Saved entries
==========

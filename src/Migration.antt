-- ===== src/Migration.antt =====
-- `thread_consider_migration` of kern/thread/thread.c: the processors share out the threads that wait to run. A
-- run queue is its sequence, as ThreadList refines it; the other processors do nothing meanwhile.
use sdp_project_c.Common.{
  ℕ, zero, suc, ◌+◌, ◌-◌, ◌/◌, Bool, true, false, Option, none, some, Result, ok, err, ◌>>=◌, ◌>>◌,
  require, out_of_bounds, assertion, ltb, ◌==◌, if◌then◌else◌, update, List, [], ◌∷◌, ◌++◌, length,
}
use sdp_project_c.Spinlock.{Spinlock, spinlock_acquire, spinlock_release}
pub mod Victims
pub mod Shares
pub mod Rounds
pub mod Balance
mod Tests

-- `allcpus`, with `t_cpu` of the threads, and the processors that `ipi_send` has woken, the last one first.
pub record Cpus : Type 0 where
  pub numcpus : ℕ
  pub c_runqueue : ℕ → List ℕ
  pub c_runqueue_lock : ℕ → Spinlock
  pub c_isidle : ℕ → Bool
  pub t_cpu : ℕ → ℕ
  pub unidled : List ℕ

-- The loop that counts the threads on the first `n` run queues.
pub count_threads : ℕ → Cpus → Result ℕ
count_threads zero c = ok 0
count_threads (suc n) c = do
  total_count ← count_threads n c
  lock ← spinlock_acquire (c.c_runqueue_lock n)
  lock' ← spinlock_release lock
  ok (total_count + length (c.c_runqueue n))

-- `DIVROUNDUP`
abbrev pub div_round_up : ℕ → ℕ → ℕ
div_round_up a b = (a + b - 1) / b

-- `threadlist_remtail`
pub remtail : List ℕ → Option (ℕ × List ℕ)
remtail [] = none
remtail (t ∷ ts) = elim (remtail ts) [ none ↦ some (t, []) | some (l, rest) ↦ some (l, t ∷ rest) ]

-- The loop that takes `to_send` threads off the queue: what is left of it, and the victims.
pub take_victims : ℕ → List ℕ → List ℕ → Result (List ℕ × List ℕ)
unfolding remtail
take_victims zero queue victims = ok (queue, victims)
take_victims (suc n) queue victims = elim (remtail queue) [
  | none ↦ err out_of_bounds
  | some (t, queue') ↦ take_victims n queue' (t ∷ victims)
]

-- The thread `t` goes to processor `i`.
abbrev pub migrate : ℕ → ℕ → Cpus → Cpus
migrate i t c = record c {
  c_runqueue = update c.c_runqueue i (c.c_runqueue i ++ (t ∷ []));
  t_cpu = update c.t_cpu t i;
  unidled = if c.c_isidle i then i ∷ c.unidled else c.unidled;
}

-- The `while` loop for the processor `i`, under its lock: how many threads are still to send, and the victims.
pub give : ℕ → ℕ → ℕ → ℕ → List ℕ → Cpus → Result (ℕ × List ℕ × Cpus)
give i one_share cur zero victims c = ok (0, victims, c)
give i one_share cur (suc n) victims c = elim (ltb (length (c.c_runqueue i)) one_share) [
  | false ↦ ok (suc n, victims, c)
  | true ↦ elim victims [
    | [] ↦ err out_of_bounds
    | t ∷ ts ↦ elim (t == cur) [
      | true ↦ give i one_share cur n (ts ++ (t ∷ [])) c
      | false ↦ give i one_share cur n ts (migrate i t c)
    ]
  ]
]

-- The round of the loop for the processor `i`.
pub serve : ℕ → ℕ → ℕ → ℕ → List ℕ → Cpus → Result (ℕ × List ℕ × Cpus)
unfolding give
serve i one_share cur to_send victims c = do
  lock ← spinlock_acquire (c.c_runqueue_lock i)
  (to_send', victims', c') ← give i one_share cur to_send victims c
  lock' ← spinlock_release lock
  ok (to_send', victims', record c' { c_runqueue_lock = update c'.c_runqueue_lock i lock' })

-- The loop over the processors from `i` on, of which `left` are left.
pub give_all : ℕ → ℕ → ℕ → ℕ → ℕ → ℕ → List ℕ → Cpus → Result (List ℕ × Cpus)
unfolding serve
give_all self one_share cur zero i to_send victims c = ok (victims, c)
give_all self one_share cur (suc left) i to_send victims c = elim (to_send == 0) [
  | true ↦ ok (victims, c)
  | false ↦ elim (i == self) [
    | true ↦ give_all self one_share cur left (i + 1) to_send victims c
    | false ↦ do
      (to_send', victims', c') ← serve i one_share cur to_send victims c
      give_all self one_share cur left (i + 1) to_send' victims' c'
  ]
]

-- What is left goes back on the processor's own run queue.
pub put_back : ℕ → List ℕ → Cpus → Result Cpus
put_back self [] c = ok c
put_back self (t ∷ ts) c = do
  lock ← spinlock_acquire (c.c_runqueue_lock self)
  lock' ← spinlock_release lock
  ok (record c {
    c_runqueue = update c.c_runqueue self (c.c_runqueue self ++ (t ∷ ts));
    c_runqueue_lock = update c.c_runqueue_lock self lock';
  })

-- What follows when this processor has its share or more: `to_send` threads are taken and given.
pub send_away : ℕ → ℕ → ℕ → ℕ → Cpus → Result Cpus
unfolding take_victims give_all put_back
send_away self cur one_share to_send c = do
  lock ← spinlock_acquire (c.c_runqueue_lock self)
  (queue, victims) ← take_victims to_send (c.c_runqueue self) []
  lock' ← spinlock_release lock
  (victims', c') ← give_all self one_share cur c.numcpus 0 to_send victims (record c {
    c_runqueue = update c.c_runqueue self queue;
    c_runqueue_lock = update c.c_runqueue_lock self lock';
  })
  put_back self victims' c'

-- `thread_consider_migration` of the processor `self` in the thread `cur`.
pub thread_consider_migration : ℕ → ℕ → Cpus → Result Cpus
unfolding count_threads send_away
thread_consider_migration self cur c = do
  total_count ← count_threads c.numcpus c
  let my_count = length (c.c_runqueue self)
  let one_share = div_round_up total_count c.numcpus
  if ltb my_count one_share then ok c else send_away self cur one_share (my_count - one_share) c
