-- ===== src/Migration/Victims.antt =====
-- The threads that are taken off a run queue.
use sdp_project_c.Common.{
  ℕ, zero, suc, ◌+◌, ◌≤◌, ◌≡◌, refl, ap, Option, none, some, err, Returns, Returns-map,
  out_of_bounds, arith, List, [], ◌∷◌, length, occurrences,
}
use sdp_project_c.Migration.{remtail, take_victims}

-- The last thread and the others.
abbrev pub Parts : List ℕ → Option (ℕ × List ℕ) → Type 0
Parts queue none = queue ≡ []
Parts queue (some (t, rest)) =
    (length queue ≡ length rest + 1) × ((u : ℕ) → occurrences u queue ≡ occurrences u (t ∷ rest))

pub remtail-Parts : (queue : List ℕ) → Parts queue (remtail queue)
unfolding remtail occurrences
remtail-Parts [] = refl
remtail-Parts (t ∷ ts) = behind (remtail ts) (remtail-Parts ts)
  where
    behind :
        (o : Option (ℕ × List ℕ))
        → Parts ts o
        → Parts (t ∷ ts) (elim o [ none ↦ some (t, []) | some (l, rest) ↦ some (l, t ∷ rest) ])
    behind none h = (ap length (ap (λ xs. t ∷ xs) h), λ u. ap (occurrences u) (ap (λ xs. t ∷ xs) h))
    behind (some (l, rest)) (len, same) = (omega arith, λ u. omega (arith, same u))

-- Enough threads on the queue: the victims are taken, and no thread is lost.
pub take_victims-Parts :
    (n : ℕ) (queue victims : List ℕ)
    → n ≤ length queue
    → Returns (take_victims n queue victims) (λ r.
      (length r.1 ≡ length victims + n)
      × ((u : ℕ)
          → occurrences u r.0 + occurrences u r.1 ≡ occurrences u queue + occurrences u victims))
unfolding take_victims occurrences
take_victims-Parts zero queue victims le = (omega arith, λ u. refl)
take_victims-Parts (suc n) queue victims le =
    step (λ q v. take_victims-Parts n q v) (remtail queue) (remtail-Parts queue)
  where
    step :
        ((q v : List ℕ)
          → n ≤ length q
          → Returns (take_victims n q v) (λ r.
            (length r.1 ≡ length v + n)
            × ((u : ℕ)
                → occurrences u r.0 + occurrences u r.1 ≡ occurrences u q + occurrences u v)))
        → (o : Option (ℕ × List ℕ)) → Parts queue o
        → Returns
            (elim o [
              | none ↦ err out_of_bounds
              | some (t, queue') ↦ take_victims n queue' (t ∷ victims)
            ])
            (λ r.
              (length r.1 ≡ length victims + suc n)
              × ((u : ℕ)
                  → occurrences u r.0 + occurrences u r.1
                    ≡ occurrences u queue + occurrences u victims))
    step rest none h = absurd (omega (arith, le, ap length h))
    step next (some (t, rest)) (len, same) =
        Returns-map _ _ (take_victims n rest (t ∷ victims))
          (λ r h. (omega (arith, h.0), λ u. omega (arith, h.1 u, same u)))
          (next rest (t ∷ victims) (omega arith))
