-- ===== src/Migration/Shares.antt =====
-- The processors' shares of the threads that wait to run.
use sdp_project_c.Common.{
  ℕ, ◌+◌, ◌≤◌, ◌<◌, ◌≡◌, refl, ◌∙◌, subst, ◌⊎◌, inl, inr, true, false, arith, ltb, ◌==◌, List, [],
  ◌∷◌, ◌++◌, length, occurrences, occurrences-append, ℕ_discrete, length-append, total,
  total-update, update,
}
use sdp_project_c.Spinlock.{unheld}
use sdp_project_c.Migration.{Cpus, migrate}

-- How often a thread is on the victims' list and the run queues.
abbrev pub kept : ℕ → List ℕ → Cpus → ℕ
kept u victims c = occurrences u victims + total c.numcpus (λ j. occurrences u (c.c_runqueue j))

-- A queue that has not grown, or has grown to one share at most.
abbrev pub Shared : ℕ → List ℕ → List ℕ → Type 0
Shared one_share queue queue' = (length queue' ≤ one_share) ⊎ (queue' ≡ queue)

-- What the giving of victims keeps: `to_send` of them are there, none is lost or doubled, `cur` goes nowhere, the
-- other queues grow to one share at most, and the locks are as before.
pub record Gave (self one_share cur to_send : ℕ) (victims : List ℕ) (c : Cpus) (victims' : List ℕ)
    (c' : Cpus) : Type 0 where
  pub numcpus : c'.numcpus ≡ c.numcpus
  pub locks : (j : ℕ) → c.c_runqueue_lock j ≡ unheld → c'.c_runqueue_lock j ≡ unheld
  pub enough : to_send ≤ length victims'
  pub kept_same : (u : ℕ) → kept u victims' c' ≡ kept u victims c
  pub own : c'.c_runqueue self ≡ c.c_runqueue self
  pub shares : (j : ℕ) → Shared one_share (c.c_runqueue j) (c'.c_runqueue j)
  pub not_cur : (j : ℕ) → occurrences cur (c'.c_runqueue j) ≡ occurrences cur (c.c_runqueue j)

pub Gave-refl :
    (self one_share cur to_send : ℕ) (victims : List ℕ) (c : Cpus)
    → to_send ≤ length victims
    → Gave self one_share cur to_send victims c victims c
Gave-refl self one_share cur to_send victims c le = record {
  numcpus = refl;
  locks = λ j h. h;
  enough = le;
  kept_same = λ u. refl;
  own = refl;
  shares = λ j. inr refl;
  not_cur = λ j. refl;
}

-- A migration of a thread that is not `cur`, to a queue below one share.
pub Gave-migrate :
    (self one_share cur n i t : ℕ) (ts : List ℕ) (c : Cpus)
    → n ≤ length ts
    → i < c.numcpus
    → (i == self) ≡ false
    → (t == cur) ≡ false
    → ltb (length (c.c_runqueue i)) one_share ≡ true
    → Gave self one_share cur n (t ∷ ts) c ts (migrate i t c)
unfolding occurrences
Gave-migrate self one_share cur n i t ts c le lt apart other below = record {
  numcpus = refl;
  locks = λ j h. h;
  enough = le;
  kept_same = λ u. omega (
    arith,
    total-update c.numcpus i (occurrences u) c.c_runqueue (c.c_runqueue i ++ (t ∷ [])) lt,
    occurrences-append u (c.c_runqueue i) (t ∷ []),
  );
  own = rw apart refl;
  shares = λ j. shares_at j;
  not_cur = λ j. not_cur_at j;
}
  where
    shares_at :
        (j : ℕ)
        → Shared one_share (c.c_runqueue j) (update c.c_runqueue i (c.c_runqueue i ++ (t ∷ [])) j)
    shares_at j = elim (ℕ_discrete i j) [
      | yes here ↦
          let same : (i == j) ≡ true = ground arith in
          inl (rw same ground (arith, below, length-append (c.c_runqueue i) (t ∷ [])))
      | no elsewhere ↦ let differs : (i == j) ≡ false = ground arith in inr (rw differs refl)
    ]

    not_cur_at :
        (j : ℕ)
        → occurrences cur (update c.c_runqueue i (c.c_runqueue i ++ (t ∷ [])) j)
          ≡ occurrences cur (c.c_runqueue j)
    not_cur_at j = elim (ℕ_discrete i j) [
      | yes here ↦
          let same : (i == j) ≡ true = ground arith in
          rw same (
            subst
              (λ k. occurrences cur (c.c_runqueue i ++ (t ∷ [])) ≡ occurrences cur (c.c_runqueue k))
              here (ground (arith, other, occurrences-append cur (c.c_runqueue i) (t ∷ []))))
      | no elsewhere ↦ let differs : (i == j) ≡ false = ground arith in rw differs refl
    ]

-- The victim that is `cur` goes to the end of the list.
pub Gave-skip :
    (self one_share cur n t : ℕ) (ts : List ℕ) (c : Cpus)
    → n ≤ length ts
    → Gave self one_share cur n (t ∷ ts) c (ts ++ (t ∷ [])) c
unfolding occurrences
Gave-skip self one_share cur n t ts c le = record {
  numcpus = refl;
  locks = λ j h. h;
  enough = omega (arith, length-append ts (t ∷ []));
  kept_same = λ u. omega (arith, occurrences-append u ts (t ∷ []));
  own = refl;
  shares = λ j. inr refl;
  not_cur = λ j. refl;
}

Shared-then :
    (one_share : ℕ) (p q r : List ℕ)
    → Shared one_share p q
    → Shared one_share q r
    → Shared one_share p r
Shared-then one_share p q r h (inl le) = inl le
Shared-then one_share p q r (inl le) (inr same) = inl (rw same le)
Shared-then one_share p q r (inr e) (inr same) = inr (same ∙ e)

-- One giving after another.
pub Gave-then :
    (self one_share cur n n' : ℕ) (v v' v'' : List ℕ) (c c' c'' : Cpus)
    → Gave self one_share cur n v c v' c'
    → Gave self one_share cur n' v' c' v'' c''
    → Gave self one_share cur n' v c v'' c''
Gave-then self one_share cur n n' v v' v'' c c' c'' h k = record {
  numcpus = k.numcpus ∙ h.numcpus;
  locks = λ j l. k.locks j (h.locks j l);
  enough = k.enough;
  kept_same = λ u. k.kept_same u ∙ h.kept_same u;
  own = k.own ∙ h.own;
  shares = λ j.
      Shared-then one_share (c.c_runqueue j) (c'.c_runqueue j) (c''.c_runqueue j) (h.shares j)
        (k.shares j);
  not_cur = λ j. k.not_cur j ∙ h.not_cur j;
}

==========

Task description
Which lines of the data include the string "giving"? Copy each of them.

Result for this exercise
-- What the giving of victims keeps: `to_send` of them are there, none is lost or doubled, `cur` goes nowhere, the
-- One giving after another.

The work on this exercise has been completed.